Vencedor do prêmio da crítica na última edição da Mostra
Internacional de Cinema de São Paulo, "A Bela Que Dorme'' foge das
respostas fáceis e evita tomar partido, limitando-se (no melhor sentido
da palavra) a reafirmar a dignidade da vida. "No coração da trama está a
liberdade, sem a qual a vida não faz sentido. Pelo menos para mim'',
afirmou Bellocchio, um dos mais respeitados cineastas em atividade na
Itália. São 28 longas-metragens na bagagem, incluindo "De Punhos
Cerrados'' (1965), "O Processo do Desejo'' (1991), "A Hora da Religião" e
"Vincere'' (2009), ganhador de oito prêmios David di Donatello, o Oscar
italiano.
Selecionado para os últimos festivais de Veneza e de Toronto, o
filme, com estreia nacional marcada para o dia 5, baseia-se no drama
verídico e controverso de Eluana Englaro.
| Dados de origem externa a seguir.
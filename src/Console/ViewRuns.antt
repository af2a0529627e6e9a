-- ===== src/Console/ViewRuns.antt =====
-- The views of the console on concrete inputs, and the theorems at them.
use mathlib.Core.List.{Perm}
use apk_cache.Prelude.{
  ℕ, ◌≡◌, ◌↔◌, refl, inl, inr, String, Bool, true, false, none, some, List, [], ◌∷◌, codes,
}
use apk_cache.Console.Json.{Json, num, text}
use apk_cache.Console.Html.{Html, txt, nodes, is_disabled, Sends, NodesSend}
use apk_cache.Console.Routes.{RouteId, dashboard}
use apk_cache.Console.Account.{App, CurrentUser}
use apk_cache.Console.Components.{toast}
use apk_cache.Console.AppView.{Message, close_toast, new_auth_form, show_toast, app_view}
use apk_cache.Console.AppViewLaws.{SignsIn, without_user}
use apk_cache.Console.Pages.Config.{
  Setting, string_type, ConfigPage, schema_map, changed_settings, lookup, put, draft_of,
}
use apk_cache.Console.Pages.ConfigLaws.{find_setting}
use apk_cache.Console.Pages.ConfigView.{
  Texts, is_toggle, value_editor, text_editor, editor, editor_disabled, groups,
}
use apk_cache.Console.Pages.ConfigViewLaws.{members, Fits, Once, groups_lem}
use apk_cache.Console.Pages.EditorLaws.{Edited, begin, edits, uneditable_unsent}
use apk_cache.Console.Pages.ListsView.{ListMessage, turned, apk_packages_view, apt_records_view}
use apk_cache.Console.Pages.ListsLaws.{Offers, lists_iff}

abbrev admin : CurrentUser
admin = record {
  authenticated = true;
  username = "admin";
  csrf_token = codes "t";
  is_default_credential = true;
}

abbrev signed_out : App
signed_out = record {
  user = none;
  route = dashboard;
  auth_error = "";
  account_open = false;
  csrf = [];
  cookies = [];
  pathname = codes "/admin/";
  form_username = "";
  old_password = "";
  new_password = "";
  form_error = "";
}

abbrev no_page : RouteId → Html (Message ℕ)
no_page route = txt "page"

toast_closes :
    NodesSend
      (nodes (app_view no_page signed_out new_auth_form (show_toast "hello" true)))
      close_toast
unfolding app_view toast show_toast is_disabled
toast_closes = inr (inl (inr (inr (inr (inl (inl (refl, inr (inr (inl refl)))))))))

without_user_example : SignsIn ℕ close_toast
without_user_example =
    without_user ℕ no_page signed_out new_auth_form (show_toast "hello" true) close_toast refl
      toast_closes

abbrev signed_in : App
signed_in = record signed_out { user = some admin }

-- Two settings, of which the second may not be edited.
abbrev setting : String → Bool → Setting
setting key editable = record {
  key = key;
  value = num 1;
  value_type = string_type;
  restart_required = false;
  updated_at = "";
  source = "";
  editable = editable;
  hot_reload = true;
}

abbrev two_settings : ConfigPage
two_settings = record {
  settings = setting "apk.a" true ∷ setting "apt.b" false ∷ [];
  schema = [];
  draft = [];
  error = "";
  loading = false;
}

groups_lem_example :
    Perm (members (groups two_settings)) two_settings.settings
    × Fits (schema_map [] []) (groups two_settings)
    × Once (groups two_settings)
groups_lem_example = groups_lem two_settings

abbrev texts : Texts
texts = record {
  number_of = λ t. num 0;
  number_text = λ v. "";
  value_text = λ v. "";
  array_text = λ v. "";
}

-- The first setting is edited.
abbrev edited_draft : List (String × Json)
edited_draft = put "apk.a" (text "x") (draft_of two_settings.settings [])

found_first : find_setting "apk.a" two_settings.settings ≡ some (setting "apk.a" true)
unfolding find_setting
found_first = refl

first-Sends :
    Sends
      (editor texts
        (λ v. v)
        (setting "apk.a" true)
        (lookup "apk.a" (schema_map two_settings.schema []))
        (lookup "apk.a" (draft_of two_settings.settings [])))
      (text "x")
unfolding editor is_toggle value_editor text_editor editor_disabled schema_map lookup is_disabled
first-Sends = inl (refl, inr (inr (inr (inl ("x", refl)))))

Edited-comes : Edited texts two_settings edited_draft
Edited-comes = edits (setting "apk.a" true) (text "x") begin found_first first-Sends

uneditable_unsent_example :
    lookup "apt.b" (changed_settings (λ v. "") (record two_settings { draft = edited_draft }))
    ≡ none
uneditable_unsent_example =
    uneditable_unsent texts (λ v. "") two_settings edited_draft (setting "apt.b" false)
      (unfold find_setting in (refl, (refl, tt))) (unfold find_setting in refl)
      (unfold editor_disabled in refl) Edited-comes

abbrev no_error : String
no_error = ""

abbrev on_second : ListMessage
on_second = turned 2

lists_iff_example :
    (NodesSend (nodes (apk_packages_view (λ n. "") (λ n. "") [] "" 1 60 no_error false)) on_second
      ↔ ((no_error ≡ "") × (false ≡ false) × Offers 60 1 on_second))
    × (NodesSend (nodes (apt_records_view (λ n. "") (λ n. "") [] "" 1 60 no_error false)) on_second
        ↔ ((no_error ≡ "") × (false ≡ false) × Offers 60 1 on_second))
lists_iff_example = lists_iff (λ n. "") (λ n. "") [] [] "" no_error 60 1 false on_second
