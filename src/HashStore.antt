-- ===== src/HashStore.antt =====
-- internal/hashstore/hashstore.go: the keys and values that the hash store keeps in its ordered byte
-- store, the hashes of files, and the records of sources.
pub mod Kinds
pub mod Parts
pub mod Varint
pub mod Values
pub mod ValueLaws
pub mod Actuals
pub mod ActualRows
pub mod ActualLaws
pub mod Keys
pub mod KeyLaws
pub mod Range
pub mod Ordered
pub mod Sources
pub mod Queries
pub mod Writes
pub mod Mappings
pub mod SourceParts
pub mod SourceRows
pub mod SourcePuts
pub mod SourceScan
pub mod SourceGone
pub mod SourceLaws
pub mod ReplaceLaws
pub mod DictLaws
pub mod DictRounds
pub mod DictTotal
pub mod SourceReads
pub mod SourceRounds
pub mod Success
pub mod SourceSuccess
mod Runs
mod ActualRuns
mod MemoryDb
mod SourceRuns
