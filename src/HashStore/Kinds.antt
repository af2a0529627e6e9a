-- ===== src/HashStore/Kinds.antt =====
-- hashstore.go, lines 41-53 and 238-285: the kinds of hash with their namespaces, and the checks on a
-- digest.
use apk_cache.Prelude.{ℕ, not, Bytes, length, ◌==◌, if◌then◌else◌}

-- `type HashKind byte`, with two named values
abbrev pub HashKind : Type 0
HashKind = ℕ

abbrev pub sha1 : HashKind
sha1 = 1

abbrev pub sha256 : HashKind
sha256 = 2

unfoldable pub digest_len : HashKind → ℕ
digest_len k = if k == sha1 then 20 else if k == sha256 then 32 else 0

-- `k == HashSHA1` decides; every other kind takes the namespaces of SHA-256.
unfoldable pub expected_namespace : HashKind → ℕ
expected_namespace k = if k == sha1 then 0x21 else 0x22

unfoldable pub actual_namespace : HashKind → ℕ
actual_namespace k = if k == sha1 then 0x23 else 0x24

unfoldable pub expected_by_hash_namespace : HashKind → ℕ
expected_by_hash_namespace k = if k == sha1 then 0x25 else 0x26

unfoldable pub apt_by_hash_namespace : HashKind → ℕ
apt_by_hash_namespace k = if k == sha1 then 0x27 else 0x28

pub data Error : Type 0 where
  unsupported_hash_kind corrupted_value path_collision index_unavailable : Error

pub data Result {ℓ} (A : Type ℓ) : Type ℓ where
  ok : A → Result A
  err : Error → Result A

-- ValidateHash: a kind without a length and a digest of another length are the same error.
unfoldable pub validate_hash : HashKind → Bytes → Result (Unit {0})
validate_hash kind digest =
    if digest_len kind == 0
    then err unsupported_hash_kind
    else if not (length digest == digest_len kind)
    then err unsupported_hash_kind
    else ok tt
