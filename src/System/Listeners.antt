-- ===== src/System/Listeners.antt =====
-- The tables after a request on a listener.
use open_blocklist.Base.{
  some, true, List, Option-cases, inl, inr, ◌≡◌, refl, ap, sym, subst, ◌∙◌, ◌>>=◌,
}
use mathlib.Core.Option.{some-injective, none-ne-some}
use open_blocklist.State.{App}
use open_blocklist.Http.{Request, Response}
use open_blocklist.Routes.{
  Route, Endpoint, list_endpoint, lookup_endpoint, auth_endpoint, health_endpoint, put_endpoint,
  delete_endpoint, put_network_endpoint, delete_network_endpoint, catch_all, metrics_endpoint,
  health_probe, live_probe, ready_probe, unknown_endpoint, Runtime, Call, choose, request_of, serve,
  listen,
}
use open_blocklist.Routes.Listeners.{reads_only, serve-SameLists}
use open_blocklist.System.{IsConsistent}
use open_blocklist.System.Keeps.{IsConsistent-same}
use open_blocklist.System.Handlers.{
  handle_put-IsConsistent, handle_put_network-IsConsistent, handle_delete-IsConsistent,
  handle_delete_network-IsConsistent,
}

reads-IsConsistent :
    (rt : Runtime) (e : Endpoint) (r : Request) (app : App)
    → reads_only e ≡ true
    → IsConsistent app
    → IsConsistent (serve rt e r app).0
reads-IsConsistent rt e r app reads h =
    let same = serve-SameLists rt e r app reads in
    IsConsistent-same app _ same.ip_table same.cidr_table h

serve-IsConsistent :
    (rt : Runtime) (e : Endpoint) (r : Request) (app : App)
    → IsConsistent app
    → IsConsistent (serve rt e r app).0
serve-IsConsistent rt put_endpoint r app h =
    unfold serve in handle_put-IsConsistent rt.go rt.t r app h
serve-IsConsistent rt delete_endpoint r app h =
    unfold serve in handle_delete-IsConsistent rt.go r app h
serve-IsConsistent rt put_network_endpoint r app h =
    unfold serve in handle_put_network-IsConsistent rt.go rt.t r app h
serve-IsConsistent rt delete_network_endpoint r app h =
    unfold serve in handle_delete_network-IsConsistent rt.go r app h
serve-IsConsistent rt list_endpoint r app h = reads-IsConsistent rt list_endpoint r app refl h
serve-IsConsistent rt lookup_endpoint r app h = reads-IsConsistent rt lookup_endpoint r app refl h
serve-IsConsistent rt auth_endpoint r app h = reads-IsConsistent rt auth_endpoint r app refl h
serve-IsConsistent rt health_endpoint r app h = reads-IsConsistent rt health_endpoint r app refl h
serve-IsConsistent rt catch_all r app h = reads-IsConsistent rt catch_all r app refl h
serve-IsConsistent rt metrics_endpoint r app h = reads-IsConsistent rt metrics_endpoint r app refl h
serve-IsConsistent rt health_probe r app h = reads-IsConsistent rt health_probe r app refl h
serve-IsConsistent rt live_probe r app h = reads-IsConsistent rt live_probe r app refl h
serve-IsConsistent rt ready_probe r app h = reads-IsConsistent rt ready_probe r app refl h
serve-IsConsistent rt unknown_endpoint r app h = reads-IsConsistent rt unknown_endpoint r app refl h

pub listen-IsConsistent :
    (routes : List Route) (rt : Runtime) (c : Call) (answer : Response) (app app' : App)
    → listen routes rt c app ≡ some (app', answer)
    → IsConsistent app
    → IsConsistent app'
unfolding listen
listen-IsConsistent routes rt c answer app app' e h = elim (Option-cases (choose routes c)) [
  | inl nothing ↦ absurd (
      none-ne-some (app', answer)
        (ap (λ o. o >>= (λ found. some (serve rt found.1.0 (request_of c found.1.1) app)))
            (sym nothing)
          ∙ e))
  | inr (found, chosen) ↦
      subst (λ (p : App × Response). IsConsistent p.0)
        (some-injective _ (app', answer)
          (ap (λ o. o >>= (λ found. some (serve rt found.1.0 (request_of c found.1.1) app)))
              (sym chosen)
            ∙ e))
        (serve-IsConsistent rt found.1.0 (request_of c found.1.1) app h)
]
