-- ===== src/System/Decisions.antt =====
-- The consistency of the tables under the rounds of CrowdSec.
use open_blocklist.Base.{ℕ, suc, Bytes, Option, none, some, Bool, true, false, List, [], ◌∷◌, refl}
use open_blocklist.Base.Int.{ℤ}
use open_blocklist.Key.{cidr_to_etcd_key}
use open_blocklist.State.{App, IpNet, Go}
use open_blocklist.IpTable.{delete_keys, forget_ip, ip_table_lookup}
use open_blocklist.IpTable.Laws.{ip_table_lookup-SameData}
use open_blocklist.CrowdSec.{
  Decision, DecisionStream, Clock, block_ip, block_network, decision_entry, crowd_sec_apply_ip,
  crowd_sec_apply_cidr, crowd_sec_apply, crowd_sec_apply_all,
}
use open_blocklist.CrowdSec.Remove.{
  unblock_cidr, crowd_sec_remove, crowd_sec_remove_all, remove_stale_ip, remove_stale_ips,
  remove_stale_cidrs, remove_stale, crowd_sec_reconcile, crowd_sec_round,
}
use open_blocklist.System.{IsConsistent}
use open_blocklist.System.Keeps.{
  IsConsistent-same, store_ip-IsConsistent, forget_ip-IsConsistent, store_cidr-IsConsistent,
  forget_cidr-IsConsistent, put_keys-IsConsistent, delete_keys-IsConsistent, etcd_put-IsConsistent,
  etcd_delete-IsConsistent, if-IsConsistent,
}

module _ (go : Go) where
  block_ip-IsConsistent :
      (clock : Clock) (d : Decision) (expiration : ℤ) (app : App) (ip : Bytes)
      → IsConsistent app
      → IsConsistent (block_ip go clock d expiration app ip)
  unfolding block_ip decision_entry
  block_ip-IsConsistent clock d expiration app ip h =
      let same = ip_table_lookup-SameData clock.lookup (go.ip_string ip) app in
      store_ip-IsConsistent (go.ip_string ip) _ _ refl (
        put_keys-IsConsistent go ip _ (ip_table_lookup clock.lookup (go.ip_string ip) app).0
          (IsConsistent-same app _ same.ip_table same.cidr_table h))

  block_network-IsConsistent :
      (clock : Clock) (d : Decision) (expiration : ℤ) (app : App) (net : IpNet)
      → IsConsistent app
      → IsConsistent (block_network go clock d expiration app net)
  unfolding block_network
  block_network-IsConsistent clock d expiration app net h =
      store_cidr-IsConsistent _ _ (etcd_put-IsConsistent go _ _ app h)

  apply_ip-IsConsistent :
      (clock : Clock) (d : Decision) (expiration : ℤ) (app : App) (parsed : Option Bytes)
      → IsConsistent app
      → IsConsistent (crowd_sec_apply_ip go clock d expiration app parsed)
  unfolding crowd_sec_apply_ip
  apply_ip-IsConsistent clock d expiration app none h = h
  apply_ip-IsConsistent clock d expiration app (some ip) h =
      block_ip-IsConsistent clock d expiration app ip h

  apply_cidr-IsConsistent :
      (clock : Clock) (d : Decision) (expiration : ℤ) (app : App) (parsed : Option IpNet)
      → IsConsistent app
      → IsConsistent (crowd_sec_apply_cidr go clock d expiration app parsed)
  unfolding crowd_sec_apply_cidr
  apply_cidr-IsConsistent clock d expiration app none h = h
  apply_cidr-IsConsistent clock d expiration app (some net) h =
      block_network-IsConsistent clock d expiration app net h

  apply_all-IsConsistent :
      (clocks : ℕ → Clock) (ds : List Decision) (app : App)
      → IsConsistent app
      → IsConsistent (crowd_sec_apply_all go clocks ds app)
  unfolding crowd_sec_apply_all crowd_sec_apply
  apply_all-IsConsistent clocks [] app h = h
  apply_all-IsConsistent clocks (d ∷ ds) app h =
      apply_all-IsConsistent (λ n. clocks (suc n)) ds _
        (if-IsConsistent _ _ _ (apply_cidr-IsConsistent (clocks 0) d _ app _ h)
          (apply_ip-IsConsistent (clocks 0) d _ app _ h))

  unblock_cidr-IsConsistent :
      (cidr : Bytes) (app : App) → IsConsistent app → IsConsistent (unblock_cidr go cidr app)
  unfolding unblock_cidr
  unblock_cidr-IsConsistent cidr app h =
      forget_cidr-IsConsistent cidr _ (etcd_delete-IsConsistent go (cidr_to_etcd_key cidr) app h)

  -- A case on what a parser returns.
  case-IsConsistent {ℓ} :
      {A : Type ℓ} (o : Option A) (x : App) (f : A → App)
      → IsConsistent x
      → ((a : A) → IsConsistent (f a))
      → IsConsistent (elim o [ none ↦ x | some a ↦ f a ])
  case-IsConsistent none x f hx hf = hx
  case-IsConsistent (some a) x f hx hf = hf a

  crowd_sec_remove-IsConsistent :
      (d : Decision) (app : App) → IsConsistent app → IsConsistent (crowd_sec_remove go d app)
  unfolding crowd_sec_remove
  crowd_sec_remove-IsConsistent d app h =
      if-IsConsistent _ _ _
        (case-IsConsistent (go.parse_cidr d.value) app
          (λ net. unblock_cidr go (go.net_string net) app) h
          (λ net. unblock_cidr-IsConsistent (go.net_string net) app h))
        (case-IsConsistent (go.parse_ip d.value) app
          (λ ip. forget_ip (go.ip_string ip) (delete_keys go ip app)) h
          (λ ip. forget_ip-IsConsistent (go.ip_string ip) _ (delete_keys-IsConsistent go ip app h)))

  remove_all-IsConsistent :
      (ds : List Decision) (app : App)
      → IsConsistent app
      → IsConsistent (crowd_sec_remove_all go ds app)
  unfolding crowd_sec_remove_all
  remove_all-IsConsistent [] app h = h
  remove_all-IsConsistent (d ∷ ds) app h =
      remove_all-IsConsistent ds _ (crowd_sec_remove-IsConsistent d app h)

  remove_stale_ips-IsConsistent :
      (ips : List Bytes) (app : App) → IsConsistent app → IsConsistent (remove_stale_ips go ips app)
  unfolding remove_stale_ips remove_stale_ip
  remove_stale_ips-IsConsistent [] app h = h
  remove_stale_ips-IsConsistent (ip ∷ ips) app h = remove_stale_ips-IsConsistent ips _ (
      forget_ip-IsConsistent ip _ (
        case-IsConsistent (go.parse_ip ip) app (λ parsed. delete_keys go parsed app) h
          (λ parsed. delete_keys-IsConsistent go parsed app h)))

  remove_stale_cidrs-IsConsistent :
      (cs : List Bytes) (app : App) → IsConsistent app → IsConsistent (remove_stale_cidrs go cs app)
  unfolding remove_stale_cidrs
  remove_stale_cidrs-IsConsistent [] app h = h
  remove_stale_cidrs-IsConsistent (c ∷ cs) app h =
      remove_stale_cidrs-IsConsistent cs _ (unblock_cidr-IsConsistent c app h)

  reconcile-IsConsistent :
      (clocks : ℕ → Clock) (stream : DecisionStream) (app : App)
      → IsConsistent app
      → IsConsistent (crowd_sec_reconcile go clocks stream app)
  unfolding crowd_sec_reconcile remove_stale
  reconcile-IsConsistent clocks stream app h =
      apply_all-IsConsistent clocks stream.new _
        (remove_stale_cidrs-IsConsistent _ _ (remove_stale_ips-IsConsistent _ app h))

  pub crowd_sec_round-IsConsistent :
      (clocks : ℕ → Clock) (fetched : Option DecisionStream) (startup : Bool) (app : App)
      → IsConsistent app
      → IsConsistent (crowd_sec_round go clocks fetched startup app).1
  unfolding crowd_sec_round
  crowd_sec_round-IsConsistent clocks none startup app h = h
  crowd_sec_round-IsConsistent clocks (some stream) true app h =
      reconcile-IsConsistent clocks stream app h
  crowd_sec_round-IsConsistent clocks (some stream) false app h =
      remove_all-IsConsistent stream.deleted _ (apply_all-IsConsistent clocks stream.new app h)
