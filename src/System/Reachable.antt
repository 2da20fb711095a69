-- ===== src/System/Reachable.antt =====
-- What holds in every state that the process can reach.
use open_blocklist.Base.{
  Bytes, codes, Option, none, some, Bool, true, false, not, List, [], ◌∷◌, if◌then◌else◌, refl,
  subst,
}
use open_blocklist.Base.Int.{ℤ}
use open_blocklist.State.{App, BlockEntry, Go}
use open_blocklist.IpTable.{ip_table_lookup}
use open_blocklist.IpTable.Laws.{ip_table_lookup-SameData}
use open_blocklist.Dns.{
  QueryIp, address, malformed, panics, QType, type_a, type_aaaa, type_ptr, other_type, Question,
  Reply, answer_entry, answer_ip, answer_address, answer_question, handle_dns_request,
  rbl_query_to_ip, ptr_query_to_ip, rbl_zone, a_record, ptr_text, count_wrong_zone, reply, refused,
}
use open_blocklist.System.{
  IsConsistent, Step, looked_up, authorized, was_put, was_deleted, network_put, network_deleted,
  asked, ran, round_ended, line_came, network_line_came, called, polled, Reaches, here, further,
}
use open_blocklist.System.Keeps.{IsConsistent-same}
use open_blocklist.System.Handlers.{
  handle_lookup-IsConsistent, handle_auth-IsConsistent, handle_put-IsConsistent,
  handle_delete-IsConsistent, handle_put_network-IsConsistent, handle_delete_network-IsConsistent,
  run_task-IsConsistent,
}
use open_blocklist.System.Rounds.{
  expiration_round-IsConsistent, watch_line-IsConsistent, cidr_watch_line-IsConsistent,
}
use open_blocklist.System.Listeners.{listen-IsConsistent}
use open_blocklist.System.Decisions.{crowd_sec_round-IsConsistent}

-- The process behind an answer, where there is one.
abbrev IsConsistentAnswer : Option (App × Reply) → Type 0
IsConsistentAnswer none = Unit {0}
IsConsistentAnswer (some (app, reply)) = IsConsistent app

module _ (is_sub_domain : Bytes → Bytes → Bool) (now : ℤ) where
  answer_entry-IsConsistent :
      (text : BlockEntry → Bytes) (app : App) (e : Option BlockEntry)
      → IsConsistent app
      → IsConsistent (answer_entry text (app, e)).0
  unfolding answer_entry
  answer_entry-IsConsistent text app none h = IsConsistent-same app _ refl refl h
  answer_entry-IsConsistent text app (some e) h = IsConsistent-same app _ refl refl h

  answer_ip-IsConsistentAnswer :
      (text : BlockEntry → Bytes) (ip : QueryIp) (app : App)
      → IsConsistent app
      → IsConsistentAnswer (answer_ip now text ip app)
  unfolding answer_ip
  answer_ip-IsConsistentAnswer text (address ip) app h =
      let same = ip_table_lookup-SameData now ip app in
      let (app', e) = ip_table_lookup now ip app in
      answer_entry-IsConsistent text app' e
        (IsConsistent-same app app' same.ip_table same.cidr_table h)
  answer_ip-IsConsistentAnswer text malformed app h = IsConsistent-same app _ refl refl h
  answer_ip-IsConsistentAnswer text panics app h = tt

  refused_or-IsConsistentAnswer :
      (outside : Bool) (app : App) (o : Option (App × Reply))
      → IsConsistent app
      → IsConsistentAnswer o
      → IsConsistentAnswer (if outside then some (count_wrong_zone app, reply refused []) else o)
  unfolding count_wrong_zone
  refused_or-IsConsistentAnswer true app o h ho = IsConsistent-same app _ refl refl h
  refused_or-IsConsistentAnswer false app o h ho = ho

  answer_address-IsConsistentAnswer :
      (name : Bytes) (app : App)
      → IsConsistent app
      → IsConsistentAnswer (answer_address is_sub_domain now name app)
  unfolding answer_address
  answer_address-IsConsistentAnswer name app h =
      refused_or-IsConsistentAnswer (not (is_sub_domain rbl_zone name)) app
        (answer_ip now (a_record name) (rbl_query_to_ip name) app) h
        (answer_ip-IsConsistentAnswer (a_record name) (rbl_query_to_ip name) app h)

  answer_question-IsConsistentAnswer :
      (name : Bytes) (qtype : QType) (app : App)
      → IsConsistent app
      → IsConsistentAnswer (answer_question is_sub_domain now name qtype app)
  unfolding answer_question
  answer_question-IsConsistentAnswer name type_a app h =
      answer_address-IsConsistentAnswer name app h
  answer_question-IsConsistentAnswer name type_aaaa app h =
      answer_address-IsConsistentAnswer name app h
  answer_question-IsConsistentAnswer name type_ptr app h =
      refused_or-IsConsistentAnswer (not (is_sub_domain (codes "in-addr.arpa.") name)) app
        (answer_ip now (ptr_text name) (ptr_query_to_ip name) app) h
        (answer_ip-IsConsistentAnswer (ptr_text name) (ptr_query_to_ip name) app h)
  answer_question-IsConsistentAnswer name other_type app h = IsConsistent-same app _ refl refl h

  handle_dns_request-IsConsistentAnswer :
      (qs : List Question) (app : App)
      → IsConsistent app
      → IsConsistentAnswer (handle_dns_request is_sub_domain now qs app)
  unfolding handle_dns_request
  handle_dns_request-IsConsistentAnswer [] app h = IsConsistent-same app _ refl refl h
  handle_dns_request-IsConsistentAnswer (q ∷ qs) app h =
      answer_question-IsConsistentAnswer q.name q.qtype app h

module _ (go : Go) (is_sub_domain : Bytes → Bytes → Bool) where
  Step-IsConsistent :
      {app app' : App} → Step go is_sub_domain app app' → IsConsistent app → IsConsistent app'
  Step-IsConsistent {app} (looked_up t r) h = handle_lookup-IsConsistent go t r app h
  Step-IsConsistent {app} (authorized t r) h = handle_auth-IsConsistent go t r app h
  Step-IsConsistent {app} (was_put t r) h = handle_put-IsConsistent go t r app h
  Step-IsConsistent {app} (was_deleted r) h = handle_delete-IsConsistent go r app h
  Step-IsConsistent {app} (network_put t r) h = handle_put_network-IsConsistent go t r app h
  Step-IsConsistent {app} (network_deleted r) h = handle_delete_network-IsConsistent go r app h
  Step-IsConsistent {app} (asked now qs reply answered) h =
      subst IsConsistentAnswer answered
        (handle_dns_request-IsConsistentAnswer is_sub_domain now qs app h)
  Step-IsConsistent {app} (ran before behind task started) h =
      run_task-IsConsistent go task _ (IsConsistent-same app _ refl refl h)
  Step-IsConsistent {app} (round_ended now) h = expiration_round-IsConsistent go now app h
  Step-IsConsistent {app} (line_came line) h = watch_line-IsConsistent go line app h
  Step-IsConsistent {app} (network_line_came line) h = cidr_watch_line-IsConsistent go line app h
  Step-IsConsistent {app} (called routes rt c answer same answered) h =
      listen-IsConsistent routes rt c answer app _ answered h
  Step-IsConsistent {app} (polled clocks fetched startup) h =
      crowd_sec_round-IsConsistent go clocks fetched startup app h

  -- From a process whose tables are consistent (each address once, its entry carrying it; each
  -- network once) only such processes are reached, by the HTTP and DNS handlers and requests on any listener, the goroutines that
  -- lookups started, the rounds of the worker and of CrowdSec and the lines of both watches, in
  -- whatever order they come.
  pub Reaches-IsConsistent :
      {app app' : App} → Reaches go is_sub_domain app app' → IsConsistent app → IsConsistent app'
  Reaches-IsConsistent here h = h
  Reaches-IsConsistent (further before step) h =
      Step-IsConsistent step (Reaches-IsConsistent before h)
Depois de um acidente de
carro, ela entrou em estado vegetativo, no qual permaneceu por 17 anos -
até seu pai, Beppino Englaro, travar uma batalha judicial solicitando a
remoção do tubo de alimentação que a mantinha viva. Amplamente
divulgado pela mídia italiana, o que reacendeu o debate sobre a
eutanásia, o caso se estendeu de 1999 até 2009, quando foi finalmente
concedido o direito de retirar o suporte artificial de vida de Eluana,
decisão bastante criticada pela Igreja Católica.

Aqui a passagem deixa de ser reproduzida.